The Business of Fashion
Agenda-setting intelligence, analysis and advice for the global fashion community.
Agenda-setting intelligence, analysis and advice for the global fashion community.
PARIS, France — Natacha Ramsay-Levi's new beau is a cinematographer and on Wednesday morning, after her sophomore show for Chloe, she admitted she's become a little obsessed with movies. She mentioned a couple of intriguingly cultish inspirations. In the 60s, Stéphane Audran was the ice queen of French cinema, embodying bourgeois chic so effectively in the films of her husband Claude Chabrol that Luis Bunuel had to have her for his "The Discreet Charm of the Bourgeoisie." Audran wore Chloe when Karl Lagerfeld was the designer, and Ramsay-Levi was keen to explore the ambiguity of her persona: revolution vs. restraint. Or, as the show notes provocatively phrased it: mocking the frustrated desires of the bourgeoisie. Buttoned-up necklines were opened wide in gaping V's. Skirts flowed in fluid scarf hems. There was a slouchiness in the low-slung belting of a blazer or a scarf-hemmed trench. A virginal white lace dress was cut out at the side. So were the knits, not so much mocking frustrated desires as exposing them.
Ramsay-Levi touched on Chloe's equestrian heritage with relaxed jodhpurs and the semi-cowboy detailing on an embroidered shirt, but, more than anything, she infused the house codes with a loucheness, not the hippie chick vibe of Chloe in recent times, more the silken, adult seduction of the Parisian club privé habitué. Could be Audran, in other words. This first part of the show backed up her declaration that the collection was more self-assured than her first.
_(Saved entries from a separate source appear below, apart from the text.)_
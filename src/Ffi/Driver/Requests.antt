-- ===== src/Ffi/Driver/Requests.antt =====
-- The answers of the driver to spawn requests.
use vproc.Prelude.{
  ℕ, zero, suc, ◌≡◌, ◌≢◌, refl, List, [], ◌∷◌, Option, none, some, arith, get_elem?, take,
}
use vproc.Prelude.Assoc.{lookup, insert, lookup-insert}
use mathlib.Core.Path.{subst}
use vproc.Coroutine.{VPid}
use vproc.Executor.Step.{World}
use vproc.Vfd.Table
use vproc.Vfd.Tables.{get_table, put_table, create_table_with_fds}
use vproc.Ffi.Session.{SpawnRequest}
use vproc.Ffi.Driver.{DriverState, serve_one, serve_all}

-- No request of the list takes its answer at the number.
abbrev pub IsUnused : ℕ → List SpawnRequest → Type 0
IsUnused result [] = Unit
IsUnused result (r ∷ requests) = (r.result ≢ result) × IsUnused result requests

abbrev pub AreApart : List SpawnRequest → Type 0
AreApart [] = Unit
AreApart (r ∷ requests) = IsUnused r.result requests × AreApart requests

abbrev pub answer_of : Option VPid → VPid
answer_of none = 0
answer_of (some vpid) = vpid

module _ {ℓ} {K : Type ℓ} (load : SpawnRequest → World × K → Option VPid × World × K) where
  -- What loading gives for a request, from the state of the driver.
  abbrev pub loaded : SpawnRequest → DriverState K → Option VPid × World × K
  loaded request d = load request (record { executor = d.session.executor; fds = d.fds }, d.kernel)

  lookup-serve_one :
      (request : SpawnRequest) (d : DriverState K) (result : ℕ)
      → lookup result (serve_one load request d).spawned
        ≡ lookup result (insert request.result (answer_of (loaded request d).0) d.spawned)
  unfolding serve_one
  lookup-serve_one request d result = ground arith

  lookup-serve_all_unused :
      (requests : List SpawnRequest) (d : DriverState K) (result : ℕ)
      → IsUnused result requests
      → lookup result (serve_all load requests d).spawned ≡ lookup result d.spawned
  unfolding serve_all
  lookup-serve_all_unused [] d result unused = refl
  lookup-serve_all_unused (r ∷ requests) d result unused = ground (
    arith,
    unused.0,
    lookup-serve_all_unused requests (serve_one load r d) result unused.1,
    lookup-serve_one r d result,
    lookup-insert r.result result (answer_of (loaded r d).0) d.spawned,
  )

  -- The requests are served in order, and each finds its own answer: where each has a result of its
  -- own, what stands at that of request `i` is the process that loading it gives, 0 where that is an
  -- error, in the state that serving the requests before it leaves.
  pub lookup-serve_all :
      (requests : List SpawnRequest) (d : DriverState K) (i : ℕ) (request : SpawnRequest)
      → AreApart requests
      → get_elem? requests i ≡ some request
      → lookup request.result (serve_all load requests d).spawned
        ≡ some (answer_of (loaded request (serve_all load (take i requests) d)).0)
  unfolding serve_all
  lookup-serve_all [] d i request apart h = cc
  lookup-serve_all (r ∷ requests) d zero request apart h =
      let is_first : r ≡ request = ground arith in
      subst
        (λ (v : SpawnRequest).
          lookup v.result (serve_all load (r ∷ requests) d).spawned
          ≡ some (answer_of (loaded v d).0))
        is_first
        (ground (
          arith,
          lookup-serve_all_unused requests (serve_one load r d) r.result apart.0,
          lookup-serve_one r d r.result,
          lookup-insert r.result r.result (answer_of (loaded r d).0) d.spawned,
        ))
  lookup-serve_all (r ∷ requests) d (suc i) request apart h =
      lookup-serve_all requests (serve_one load r d) i request apart.1 h

  -- A request that loads as `vpid` gets the three descriptors that it names, in a new table for that
  -- number. The storage is one for all sessions: whatever table had the number, of this session or of
  -- another, is replaced. The tables of other numbers stay as loading left them.
  pub get_table-serve_one :
      (request : SpawnRequest) (d : DriverState K) (vpid at : VPid)
      → (loaded request d).0 ≡ some vpid
      → (get_table (serve_one load request d).fds vpid
          ≡ some (Table.new_with_fds request.stdin_fd request.stdout_fd request.stderr_fd))
        × (at ≢ vpid
            → get_table (serve_one load request d).fds at ≡ get_table (loaded request d).1.fds at)
  unfolding serve_one get_table put_table create_table_with_fds
  get_table-serve_one request d vpid at h =
      let made = Table.new_with_fds request.stdin_fd request.stdout_fd request.stderr_fd in
      let tables = (loaded request d).1.fds.tables in
      ground (arith, h, lookup-insert vpid vpid made tables, lookup-insert vpid at made tables)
Where the self-assurance wavered was on Part II, where Ramsay-Levi said her second inspiration held sway. Who even remembers a teenage Angelica Huston in 1969's "A Walk with Love and Death"? (Huston herself would be happy for us to forget.) She played a medieval aristo, and - eyes narrowed, vision fogged - you could see something of that in the embroidered detailing, in the languor, maybe even in the metal armlets that pushed sleeves into leg o'mutton territory. And there were trousers with strange zippers. Maybe it was the romance of the original that drew the designer, but she was on much firma terra with her willing, sinning bourgeois belles de jour.